▶ _Required work_: Print exactly the lines starting at the one that contains "unfolding Service.apply Service.remove" and ending at the last line of the listing below.

━━━━━ Dataset records

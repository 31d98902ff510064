-- ===== src/Events/Accepting.antt =====
-- Which messages a processor accepts (internal/events).
use booth_catalog.Prelude.{
  true, ◌==◌, eq_iff, nat_eq, list_eq, Option, some, ◌⊎◌, inl, inr, ◌≡◌, refl, arith, Bool-cases,
  Option-cases,
}
use booth_catalog.Text.{Text}
use booth_catalog.Asset.Validation.{valid_workspace}
use booth_catalog.Events.{Payload, Envelope, accepted, read}

-- The two outcomes of a decoder.
abbrev pub Decoded-cases :
    {T : Type 0} (r : Text ⊎ T) → ((why : Text) × (r ≡ inl why)) ⊎ ((x : T) × (r ≡ inr x))
Decoded-cases (inl why) = inl (why, refl)
Decoded-cases (inr x) = inr (x, refl)

module _ {D : Type 0} (decode_data : Payload → Text ⊎ D) (parse : Text → Option (Text × Text))
    (decode_envelope : Payload → Text ⊎ Envelope) where
  -- The subject gives a valid workspace and an event type, the payload is an envelope that names both,
  -- and the envelope carries the data.
  abbrev pub IsEvent : Text → Payload → Text → Text → Envelope → D → Type 0
  IsEvent subject payload ws et env d =
      (parse subject ≡ some (ws, et))
      × (valid_workspace ws ≡ true)
      × (decode_envelope payload ≡ inr env)
      × (env.workspace ≡ ws)
      × (env.event_type ≡ et)
      × (decode_data env.payload ≡ inr d)

  pub read-IsEvent :
      (subject : Text) (payload : Payload) (ws et : Text) (env : Envelope) (d : D)
      → read decode_data parse decode_envelope subject payload ≡ accepted ws et env d
      → IsEvent subject payload ws et env d
  unfolding read
  read-IsEvent subject payload ws et env d h = elim (Option-cases (parse subject)) [
    | inl p ↦ absurd (ground arith)
    | inr ((w, t), p) ↦ elim (Bool-cases (valid_workspace w)) [
      | inr q ↦ absurd (ground arith)
      | inl q ↦ elim (Decoded-cases (decode_envelope payload)) [
        | inl (why, r) ↦ absurd (ground arith)
        | inr (e, r) ↦ elim (Bool-cases (e.workspace == w)) [
          | inr x ↦ absurd (ground arith)
          | inl x ↦ elim (Bool-cases (e.event_type == t)) [
            | inr y ↦ absurd (ground arith)
            | inl y ↦ elim (Decoded-cases (decode_data e.payload)) [
              | inl (why, z) ↦ absurd (ground arith)
              | inr (d', z) ↦ ground (arith, eq_iff e.workspace w, eq_iff e.event_type t)
            ]
          ]
        ]
      ]
    ]
  ]

  pub IsEvent-read :
      (subject : Text) (payload : Payload) (ws et : Text) (env : Envelope) (d : D)
      → IsEvent subject payload ws et env d
      → read decode_data parse decode_envelope subject payload ≡ accepted ws et env d
  unfolding read
  IsEvent-read subject payload ws et env d (p, q, r, x, y, z) =
      ground (arith, eq_iff env.workspace ws, eq_iff env.event_type et)
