-- ===== src/Events/Dashboards.antt =====
-- internal/events/processor.go: the events of dashboards, applied to the dashboard catalog. The catalog
-- is the interface that the processor drives; over the in-memory store it is the dashboard service.
use booth_catalog.Prelude.{
  Bool, ◌&&◌, List, [], ◌∷◌, ◌++◌, ◌==◌, nat_eq, list_eq, if◌then◌else◌, Option, none, ◌⊎◌,
}
use booth_catalog.Text.{Text, txt, split}
use booth_catalog.Asset.Error.{Result}
use booth_catalog.Data.Model.{Time, zero_time}
use booth_catalog.Dashboards.Model.{Source, Upsert}
use booth_catalog.Dashboards.Store.{MemoryStore}
use booth_catalog.Dashboards.Service
use booth_catalog.Events.{Verdict, Payload, Envelope, lifecycle_event, read, verdict_on, settle}

abbrev pub event_created : Text
event_created = txt "dashboard.created"

abbrev pub event_updated : Text
event_updated = txt "dashboard.updated"

abbrev pub event_deleted : Text
event_deleted = txt "dashboard.deleted"

pub record DashboardData : Type 0 where
  pub dashboard_id : Text
  pub name : Text
  pub description : Text
  pub owner : Text
  pub path : Text
  pub lineage_complete : Bool
  pub sources : List Source

-- DashboardCatalog: the state that a call leaves stands beside its answer.
pub record DashboardCatalog (S : Type 0) : Type 0 where
  pub apply : S → Upsert → Result Bool × S
  pub remove : S → Text → Text → Text → Time → Result Bool × S

-- The dashboard service, with the clock and the next asset.NewID.
abbrev pub memory_catalog : Text → Time → DashboardCatalog MemoryStore
memory_catalog new_id now = record {
  apply = λ m u. Service.apply m u new_id now;
  remove =
      λ m ws source_module external_id at. Service.remove m ws source_module external_id at new_id;
}

abbrev pub subject_parts : List Text → Option (Text × Text)
subject_parts (booth ∷ ws ∷ family ∷ verb ∷ []) =
    if booth == txt "booth" && family == txt "dashboard"
    then lifecycle_event event_created event_updated event_deleted ws (txt "dashboard." ++ verb)
    else none
subject_parts _ = none

unfoldable pub parse_subject : Text → Option (Text × Text)
parse_subject subject = subject_parts (split b'.' subject)

-- The service fills in the last two fields.
abbrev pub upsert_of : Text → Envelope → DashboardData → Upsert
upsert_of ws env d = record {
  workspace = ws;
  source_module = env.published_by;
  external_id = d.dashboard_id;
  name = d.name;
  description = d.description;
  owner = d.owner;
  path = d.path;
  lineage_complete = d.lineage_complete;
  sources = d.sources;
  at = env.published_at;
  new_id = [];
  received_at = zero_time;
}

module _ {S : Type 0} (catalog : DashboardCatalog S) where
  abbrev pub call : S → Text → Text → Envelope → DashboardData → Result Bool × S
  call s ws et env d =
      if et == event_deleted
      then catalog.remove s ws env.published_by d.dashboard_id env.published_at
      else catalog.apply s (upsert_of ws env d)

  -- Processor.Handle
  unfoldable pub handle :
      (Payload → Text ⊎ Envelope)
      → (Payload → Text ⊎ DashboardData)
      → S
      → Text
      → Payload
      → Verdict × S
  handle decode_envelope decode_data s subject payload =
      settle verdict_on call s (read decode_data parse_subject decode_envelope subject payload)
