-- ===== src/Events/Registers.antt =====
-- What a message of the dashboards' processor says, and that the catalog then shows it
-- (internal/events/processor.go over internal/dashboards).
use booth_catalog.Prelude.{
  eq_iff, nat_eq, list_eq, ◌==◌, if◌then◌else◌, Option, none, some, ◌≡◌, refl, arith, Bool-cases,
  inl, inr, subst, ℕ,
}
use booth_catalog.Prelude.GoMap
use booth_catalog.Text.{Text}
use booth_catalog.Asset.Error.{Result, ok, err, with_value}
use booth_catalog.Data.Model.{Time}
use booth_catalog.Data.Upsert.{truncate}
use booth_catalog.Dashboards.Model.{Upsert, normalize}
use booth_catalog.Dashboards.Store.{MemoryStore}
use booth_catalog.Dashboards.Store
use booth_catalog.Dashboards.Store.Register.{IsWellFormed, content_of, Event, register, newer}
use booth_catalog.Dashboards.Store.Newest.{apply-register, remove-register}
use booth_catalog.Dashboards.Store.Elsewhere.{
  is_same, IsElsewhere, apply-IsElsewhere, remove-IsElsewhere,
}
use booth_catalog.Dashboards.Service
use booth_catalog.Dashboards.Service.{checked_removal}
use booth_catalog.Events.{Envelope, Reading, accepted, refused, verdict_on, settle}
use booth_catalog.Events.Dashboards.{DashboardData, memory_catalog, event_deleted, upsert_of, call}

-- A dashboard by its workspace, its module and its ID there, and what is said of it.
abbrev pub Said : Type 0
Said = Text × Text × Text × Event

abbrev pub update_of : Result (Upsert × ℕ) → Option Said
update_of (ok (u, n)) =
    some (u.workspace, u.source_module, u.external_id, (u.at, some (content_of u)))
update_of (err e) = none

abbrev pub removal_of : Text → Text → Time → Result Text → Option Said
removal_of ws sm at (ok ext) = some (ws, sm, ext, (truncate at, none))
removal_of ws sm at (err e) = none

abbrev pub said_by : Reading DashboardData → Option Said
said_by (refused why) = none
said_by (accepted ws et env d) =
    if et == event_deleted
    then removal_of ws env.published_by env.published_at
        (checked_removal ws env.published_by d.dashboard_id env.published_at)
    else update_of (normalize (upsert_of ws env d))

-- One dashboard's register after what was said.
abbrev pub heard : Text → Text → Text → Option Said → Option Event → Option Event
heard ws sm ext none s = s
heard ws sm ext (some (ws', sm', ext', e)) s =
    if is_same ws' sm' ext' ws sm ext then newer s e else s

abbrev pub IsFresh : Text → MemoryStore → Type 0
IsFresh id m = (ws : Text) → GoMap.get id (m.by_ws ws) ≡ none

-- A store that is well formed, and in which every register has heard what was said.
abbrev pub HasHeard : Option Said → MemoryStore → MemoryStore → Type 0
HasHeard said m m' =
    IsWellFormed m'
    × ((ws sm ext : Text) → register m' ws sm ext ≡ heard ws sm ext said (register m ws sm ext))

-- Of an operation on one dashboard.
heard_everywhere :
    (m r : MemoryStore) (ws sm ext : Text) (e : Event)
    → IsWellFormed r × (register r ws sm ext ≡ newer (register m ws sm ext) e)
    → IsElsewhere m ws sm ext r
    → HasHeard (some (ws, sm, ext, e)) m r
heard_everywhere m r ws sm ext e (well, here) there = (
  well,
  λ ws' sm' ext'. elim (Bool-cases (is_same ws sm ext ws' sm' ext')) [
    | inl p ↦
        let Hears : Text → Text → Text → Type 0 =
          λ x y z. register r x y z ≡ newer (register m x y z) e in
        let w : ws ≡ ws' = ground (arith, eq_iff ws ws') in
        let s : sm ≡ sm' = ground (arith, eq_iff sm sm') in
        let x : ext ≡ ext' = ground (arith, eq_iff ext ext') in
        rw p (
          subst (λ z. Hears ws' sm' z) x
            (subst (λ y. Hears ws' y ext) s (subst (λ x. Hears x sm ext) w here)))
    | inr p ↦ rw p (there ws' sm' ext' p)
  ],
)

module _ (m : MemoryStore) (before : IsWellFormed m) (id : Text) (now : Time)
    (fresh : IsFresh id m) where
  update-HasHeard :
      (r : Result (Upsert × ℕ))
      → HasHeard
          (update_of r)
          m
          (with_value m r (λ (u, n). Store.apply m (record u { new_id = id; received_at = now }))).1
  update-HasHeard (err e) = (before, λ ws sm ext. refl)
  update-HasHeard (ok (u, n)) =
      let u' = record u { new_id = id; received_at = now } in
      heard_everywhere m _ u.workspace u.source_module u.external_id _ (apply-register m u' before)
        (apply-IsElsewhere m u' before (fresh u.workspace))

  removal-HasHeard :
      (ws sm : Text) (at : Time) (r : Result Text)
      → HasHeard
          (removal_of ws sm at r)
          m
          (with_value m r (λ ext. Store.remove m ws sm ext (truncate at) id)).1
  removal-HasHeard ws sm at (err e) = (before, λ ws sm ext. refl)
  removal-HasHeard ws sm at (ok ext) =
      heard_everywhere m _ ws sm ext _ (remove-register m ws sm ext (truncate at) id before)
        (remove-IsElsewhere m ws sm ext (truncate at) id before (fresh ws))

  call-HasHeard :
      (ws et : Text) (env : Envelope) (d : DashboardData)
      → HasHeard (said_by (accepted ws et env d)) m (call (memory_catalog id now) m ws et env d).1
  unfolding Service.apply Service.remove
  call-HasHeard ws et env d = elim (Bool-cases (et == event_deleted)) [
    | inl p ↦ rw p (
        removal-HasHeard ws env.published_by env.published_at
          (checked_removal ws env.published_by d.dashboard_id env.published_at))
    | inr p ↦ rw p (update-HasHeard (normalize (upsert_of ws env d)))
  ]

  pub settle-HasHeard :
      (r : Reading DashboardData)
      → HasHeard (said_by r) m (settle verdict_on (call (memory_catalog id now)) m r).1
  settle-HasHeard (refused why) = (before, λ ws sm ext. refl)
  settle-HasHeard (accepted ws et env d) = call-HasHeard ws et env d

━━━━━━━━━━

▶ _Answer to this exercise_:
  unfolding Service.apply Service.remove
  call-HasHeard ws et env d = elim (Bool-cases (et == event_deleted)) [
    | inl p ↦ rw p (
        removal-HasHeard ws env.published_by env.published_at
          (checked_removal ws env.published_by d.dashboard_id env.published_at))
    | inr p ↦ rw p (update-HasHeard (normalize (upsert_of ws env d)))
  ]

  pub settle-HasHeard :
      (r : Reading DashboardData)
      → HasHeard (said_by r) m (settle verdict_on (call (memory_catalog id now)) m r).1
  settle-HasHeard (refused why) = (before, λ ws sm ext. refl)
  settle-HasHeard (accepted ws et env d) = call-HasHeard ws et env d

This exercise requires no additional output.